One part of the entries below is wanted: the lines from the one containing "value = []; values" through the one containing "update_field [] i v = []". Write those out exactly and nothing else.

= Beginning of Section =

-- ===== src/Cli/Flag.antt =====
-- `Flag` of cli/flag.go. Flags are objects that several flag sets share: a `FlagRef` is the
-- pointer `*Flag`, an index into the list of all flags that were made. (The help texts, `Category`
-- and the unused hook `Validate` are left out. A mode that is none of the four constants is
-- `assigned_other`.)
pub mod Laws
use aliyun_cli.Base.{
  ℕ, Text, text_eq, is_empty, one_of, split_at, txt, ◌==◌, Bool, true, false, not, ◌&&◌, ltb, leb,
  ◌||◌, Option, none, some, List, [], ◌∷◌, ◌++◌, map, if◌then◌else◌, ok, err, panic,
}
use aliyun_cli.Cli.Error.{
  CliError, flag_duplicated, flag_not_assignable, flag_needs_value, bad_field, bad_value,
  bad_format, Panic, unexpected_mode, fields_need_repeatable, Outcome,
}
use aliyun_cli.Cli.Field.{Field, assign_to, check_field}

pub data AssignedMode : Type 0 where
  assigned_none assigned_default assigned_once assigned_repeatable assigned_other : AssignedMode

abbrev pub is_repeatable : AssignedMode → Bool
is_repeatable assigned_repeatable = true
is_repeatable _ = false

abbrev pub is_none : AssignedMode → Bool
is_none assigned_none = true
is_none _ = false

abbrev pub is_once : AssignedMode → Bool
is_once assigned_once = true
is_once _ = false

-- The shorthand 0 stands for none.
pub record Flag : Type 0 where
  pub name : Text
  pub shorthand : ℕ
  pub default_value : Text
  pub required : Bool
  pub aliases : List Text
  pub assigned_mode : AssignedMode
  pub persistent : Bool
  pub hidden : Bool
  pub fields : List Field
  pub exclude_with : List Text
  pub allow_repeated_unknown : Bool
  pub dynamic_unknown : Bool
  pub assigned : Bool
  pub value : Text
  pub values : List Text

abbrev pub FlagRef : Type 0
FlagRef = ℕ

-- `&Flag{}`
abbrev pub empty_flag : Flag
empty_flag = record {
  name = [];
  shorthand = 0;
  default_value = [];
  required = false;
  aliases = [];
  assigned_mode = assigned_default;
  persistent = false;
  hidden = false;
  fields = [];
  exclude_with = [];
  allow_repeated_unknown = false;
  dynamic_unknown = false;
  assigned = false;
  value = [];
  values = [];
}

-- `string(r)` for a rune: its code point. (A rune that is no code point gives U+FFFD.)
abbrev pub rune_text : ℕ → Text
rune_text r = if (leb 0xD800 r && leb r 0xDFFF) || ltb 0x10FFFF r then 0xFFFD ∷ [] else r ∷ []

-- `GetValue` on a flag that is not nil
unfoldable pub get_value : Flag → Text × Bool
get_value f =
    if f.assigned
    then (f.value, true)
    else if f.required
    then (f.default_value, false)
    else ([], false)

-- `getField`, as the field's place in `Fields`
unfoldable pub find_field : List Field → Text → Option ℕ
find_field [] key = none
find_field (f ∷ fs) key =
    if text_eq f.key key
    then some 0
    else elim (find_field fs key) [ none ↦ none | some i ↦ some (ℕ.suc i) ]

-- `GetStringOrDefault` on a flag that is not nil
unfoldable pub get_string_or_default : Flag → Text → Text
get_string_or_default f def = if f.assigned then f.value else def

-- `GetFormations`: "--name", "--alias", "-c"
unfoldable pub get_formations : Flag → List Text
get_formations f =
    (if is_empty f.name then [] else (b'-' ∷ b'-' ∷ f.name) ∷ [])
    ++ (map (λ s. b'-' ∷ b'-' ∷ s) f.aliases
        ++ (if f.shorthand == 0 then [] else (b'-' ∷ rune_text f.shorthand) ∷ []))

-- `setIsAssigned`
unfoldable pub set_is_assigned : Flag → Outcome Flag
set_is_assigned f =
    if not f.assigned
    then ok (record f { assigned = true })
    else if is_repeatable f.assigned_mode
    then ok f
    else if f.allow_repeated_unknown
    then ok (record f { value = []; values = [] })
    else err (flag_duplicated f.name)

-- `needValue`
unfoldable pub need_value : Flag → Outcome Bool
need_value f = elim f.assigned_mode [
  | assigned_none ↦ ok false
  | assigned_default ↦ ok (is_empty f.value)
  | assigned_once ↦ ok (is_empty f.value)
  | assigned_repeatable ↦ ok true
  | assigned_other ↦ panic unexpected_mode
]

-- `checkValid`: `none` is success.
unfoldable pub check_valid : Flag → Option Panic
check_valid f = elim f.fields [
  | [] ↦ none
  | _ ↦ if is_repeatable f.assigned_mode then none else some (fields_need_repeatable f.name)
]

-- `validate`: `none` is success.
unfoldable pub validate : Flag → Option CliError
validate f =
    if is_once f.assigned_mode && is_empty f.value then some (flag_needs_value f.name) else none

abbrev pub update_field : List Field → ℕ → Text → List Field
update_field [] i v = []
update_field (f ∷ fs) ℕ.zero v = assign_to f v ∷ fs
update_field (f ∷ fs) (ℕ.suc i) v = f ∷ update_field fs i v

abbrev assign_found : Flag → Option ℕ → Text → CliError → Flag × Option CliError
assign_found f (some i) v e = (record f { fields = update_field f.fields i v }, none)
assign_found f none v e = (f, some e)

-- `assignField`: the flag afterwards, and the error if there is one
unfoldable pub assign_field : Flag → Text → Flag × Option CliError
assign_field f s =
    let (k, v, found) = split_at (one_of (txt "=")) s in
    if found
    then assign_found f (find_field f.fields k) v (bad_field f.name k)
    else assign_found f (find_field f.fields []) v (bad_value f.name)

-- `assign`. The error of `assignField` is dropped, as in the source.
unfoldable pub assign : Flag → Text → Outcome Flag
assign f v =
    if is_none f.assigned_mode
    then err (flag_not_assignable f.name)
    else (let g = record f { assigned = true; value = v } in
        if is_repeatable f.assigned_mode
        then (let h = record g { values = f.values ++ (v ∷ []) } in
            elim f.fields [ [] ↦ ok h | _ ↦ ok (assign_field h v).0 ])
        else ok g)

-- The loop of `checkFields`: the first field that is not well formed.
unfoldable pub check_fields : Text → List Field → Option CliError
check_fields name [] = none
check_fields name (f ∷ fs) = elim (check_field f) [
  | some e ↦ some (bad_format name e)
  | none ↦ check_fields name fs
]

= End of Section =

◆ **EXERCISE RESPONSE**
    then ok (record f { value = []; values = [] })
    else err (flag_duplicated f.name)

-- `needValue`
unfoldable pub need_value : Flag → Outcome Bool
need_value f = elim f.assigned_mode [
  | assigned_none ↦ ok false
  | assigned_default ↦ ok (is_empty f.value)
  | assigned_once ↦ ok (is_empty f.value)
  | assigned_repeatable ↦ ok true
  | assigned_other ↦ panic unexpected_mode
]

-- `checkValid`: `none` is success.
unfoldable pub check_valid : Flag → Option Panic
check_valid f = elim f.fields [
  | [] ↦ none
  | _ ↦ if is_repeatable f.assigned_mode then none else some (fields_need_repeatable f.name)
]

-- `validate`: `none` is success.
unfoldable pub validate : Flag → Option CliError
validate f =
    if is_once f.assigned_mode && is_empty f.value then some (flag_needs_value f.name) else none

abbrev pub update_field : List Field → ℕ → Text → List Field
update_field [] i v = []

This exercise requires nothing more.